Records for processing Block Start
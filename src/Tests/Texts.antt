-- ===== src/Tests/Texts.antt =====
-- The theorems on texts and file names, with a codec that moves the numbers from 124 on up by one.
use encryptedfs.Prelude.{
  ℕ, ◌+◌, ◌-◌, ◌≤◌, ◌≡◌, refl, ap, ap₂, some, List, [], ◌∷◌, arith, ltb, if◌then◌else◌, ok,
}
use encryptedfs.Crypto.Write.Holds.{HasRoom}
use encryptedfs.Crypto.Text.{Codec, vec_max, encrypt_file_name, decrypt_file_name, bar, slash}
use encryptedfs.Crypto.Text.Replace.{Free}
use encryptedfs.Crypto.Text.RoundTrip.{IsCodec, decrypt_file_name-encrypt_file_name}
use encryptedfs.Tests.Sample.{sample, sample-IsEnv, key}

abbrev up : List ℕ → List ℕ
up [] = []
up (x ∷ xs) = (if ltb x 124 then x else x + 1) ∷ up xs

abbrev down : List ℕ → List ℕ
down [] = []
down (x ∷ xs) = (if ltb x 124 then x else x - 1) ∷ down xs

abbrev codec : Codec
codec = record { encode = up; decode = λ v. some (down v); hash_hex = λ v. v }

down-up : (v : List ℕ) → down (up v) ≡ v
down-up [] = refl
down-up (x ∷ xs) = ap₂ (λ y ys. y ∷ ys) (ground arith) (down-up xs)

up-Free : (v : List ℕ) → Free bar (up v)
up-Free [] = tt
up-Free (x ∷ xs) = (ground arith, up-Free xs)

codec-IsCodec : IsCodec codec
codec-IsCodec = record { decode-encode = λ v. ap some (down-up v); no_bar = up-Free }

room_for : (n : ℕ) → n ≤ 12 → HasRoom sample vec_max n
room_for n h = record { blocks = λ k l. omega arith }

-- "héy", in UTF-8.
abbrev text : List ℕ
text = 104 ∷ 195 ∷ 169 ∷ 121 ∷ []

-- "a/|b" has a separator, and the character that stands for one.
abbrev name : List ℕ
name = 97 ∷ 47 ∷ 124 ∷ 98 ∷ []

decrypt_file_name-encrypt_file_name_example :
    (c : List ℕ) × (encrypt_file_name sample codec key name ≡ ok c)
    × Free slash c
    × (decrypt_file_name sample codec key 2 c ≡ ok (97 ∷ 32 ∷ 124 ∷ 98 ∷ []))
decrypt_file_name-encrypt_file_name_example =
    decrypt_file_name-encrypt_file_name sample codec key sample-IsEnv codec-IsCodec 2 name refl refl
      (omega arith) refl (omega arith) (room_for 4 (omega arith))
Records for processing Block End
* Your instructions:
Repeat the data exactly as it was given above.

* Final answer:
filename src/Tests/Texts.antt
-- ===== src/Tests/Texts.antt =====
-- The theorems on texts and file names, with a codec that moves the numbers from 124 on up by one.
use encryptedfs.Prelude.{
  ℕ, ◌+◌, ◌-◌, ◌≤◌, ◌≡◌, refl, ap, ap₂, some, List, [], ◌∷◌, arith, ltb, if◌then◌else◌, ok,
}
use encryptedfs.Crypto.Write.Holds.{HasRoom}
use encryptedfs.Crypto.Text.{Codec, vec_max, encrypt_file_name, decrypt_file_name, bar, slash}
use encryptedfs.Crypto.Text.Replace.{Free}
use encryptedfs.Crypto.Text.RoundTrip.{IsCodec, decrypt_file_name-encrypt_file_name}
use encryptedfs.Tests.Sample.{sample, sample-IsEnv, key}

abbrev up : List ℕ → List ℕ
up [] = []
up (x ∷ xs) = (if ltb x 124 then x else x + 1) ∷ up xs

abbrev down : List ℕ → List ℕ
down [] = []
down (x ∷ xs) = (if ltb x 124 then x else x - 1) ∷ down xs

abbrev codec : Codec
codec = record { encode = up; decode = λ v. some (down v); hash_hex = λ v. v }

down-up : (v : List ℕ) → down (up v) ≡ v
down-up [] = refl
down-up (x ∷ xs) = ap₂ (λ y ys. y ∷ ys) (ground arith) (down-up xs)

up-Free : (v : List ℕ) → Free bar (up v)
up-Free [] = tt
up-Free (x ∷ xs) = (ground arith, up-Free xs)

codec-IsCodec : IsCodec codec
codec-IsCodec = record { decode-encode = λ v. ap some (down-up v); no_bar = up-Free }

room_for : (n : ℕ) → n ≤ 12 → HasRoom sample vec_max n
room_for n h = record { blocks = λ k l. omega arith }

-- "héy", in UTF-8.
abbrev text : List ℕ
text = 104 ∷ 195 ∷ 169 ∷ 121 ∷ []

-- "a/|b" has a separator, and the character that stands for one.
abbrev name : List ℕ
name = 97 ∷ 47 ∷ 124 ∷ 98 ∷ []

decrypt_file_name-encrypt_file_name_example :
    (c : List ℕ) × (encrypt_file_name sample codec key name ≡ ok c)
    × Free slash c
    × (decrypt_file_name sample codec key 2 c ≡ ok (97 ∷ 32 ∷ 124 ∷ 98 ∷ []))
decrypt_file_name-encrypt_file_name_example =
    decrypt_file_name-encrypt_file_name sample codec key sample-IsEnv codec-IsCodec 2 name refl refl
      (omega arith) refl (omega arith) (room_for 4 (omega arith))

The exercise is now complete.